2,2'-Difluorofentanyl

Legal status
- Legal status: US: Schedule I;

Identifiers
- IUPAC name N-(2-Fluorophenyl)-N-[1-[2-(2-fluorophenyl)ethyl]piperidin-4-yl]propanamide;
- CAS Number: 2748343-87-3;
- PubChem CID: 137700285;
- ChemSpider: 129434280;
- UNII: B61QTX2SWO;

Chemical and physical data
- Formula: C_{22}H_{26}F_{2}N_{2}O
- Molar mass: 372.460 g·mol^{−1}
- 3D model (JSmol): Interactive image;
- SMILES CCC(=O)N(C1CCN(CC1)CCC2=CC=CC=C2F)C3=CC=CC=C3F;
- InChI InChI=1S/C22H26F2N2O/c1-2-22(27)26(21 – 10-6-5-9-20(21)24)18 – 12 – 15-25(16 – 13 – 18)14 – 11 – 17-7-3-4-8 – 19(17)23/h3 – 10,18H,2,11 – 16H2,1H3; Key:AUXYZYMWQUXVDV-UHFFFAOYSA-N;

= 2,2'-Difluorofentanyl =

Opioid analgesic designer drug

2,2'-Difluorofentanyl (2'-fluoro ortho-fluorofentanyl) is an opioid analgesic that is an analog of fentanyl which has been sold as a designer drug.

== Side effects ==
Side effects of fentanyl analogs are similar to those of fentanyl itself, which include itching, nausea and potentially serious respiratory depression, which can be life-threatening.

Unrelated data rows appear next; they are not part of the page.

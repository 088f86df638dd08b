-- ===== src/Regs/Csr/Merge.antt =====
-- The masked update `(old & ~mask) | (val & mask)` of the write functions, bit by bit.
use space_emu.Base.{ℕ, ◌^◌, ◌<◌, ◌≡◌, arith, bit_and, if◌then◌else◌}
use space_emu.Base.Word.{lnot}
use space_emu.Base.Bits.{has_bit, has_bit-bit_and, has_bit-bit_or, has_bit-lnot, has_bit_above}
use space_emu.Base.Bits.{lt_of_bits, IsWithin}
use space_emu.Regs.Csr.Write.{merge}

-- Bit `i` comes from the value under the mask, and from the old word elsewhere.
pub has_bit-merge :
    (old mask val i : ℕ)
    → old < 2 ^ 64
    → has_bit (merge old mask val) i ≡ (if has_bit mask i then has_bit val i else has_bit old i)
unfolding merge
has_bit-merge old mask val i h = ground (
  arith,
  has_bit-bit_or (bit_and old (lnot 64 mask)) (bit_and val mask) i,
  has_bit-bit_and old (lnot 64 mask) i,
  has_bit-bit_and val mask i,
  has_bit-lnot 64 mask i,
  has_bit_above 64 old i h,
)

-- A merge of words within `bound` under a mask within `bound` stays within it.
pub merge-IsWithin :
    (bound old mask val : ℕ)
    → old < 2 ^ 64
    → IsWithin old bound
    → IsWithin mask bound
    → IsWithin (merge old mask val) bound
merge-IsWithin bound old mask val h p q i e =
    ground (arith, has_bit-merge old mask val i h, p i, q i)

pub merge-lt :
    (w old mask val : ℕ) → old < 2 ^ 64 → old < 2 ^ w → mask < 2 ^ w → merge old mask val < 2 ^ w
merge-lt w old mask val h p q = lt_of_bits w _ λ i r.
    ground
      (arith, has_bit-merge old mask val i h, has_bit_above w old i p r, has_bit_above w mask i q r)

Fentanyl analogs have killed hundreds of people throughout Europe and the former Soviet republics since the most recent resurgence in use began in Estonia in the early 2000s, and novel derivatives continue to appear. A new wave of fentanyl analogues and associated deaths began in around 2014 in the US, and have continued to grow in prevalence; especially since 2016 these drugs have been responsible for hundreds of overdose deaths every week.

== Legal status ==
As a ring-substituted derivative of fentanyl, 2,2'-difluorofentanyl is banned under drug analog laws in the United States and other jurisdictions around the world.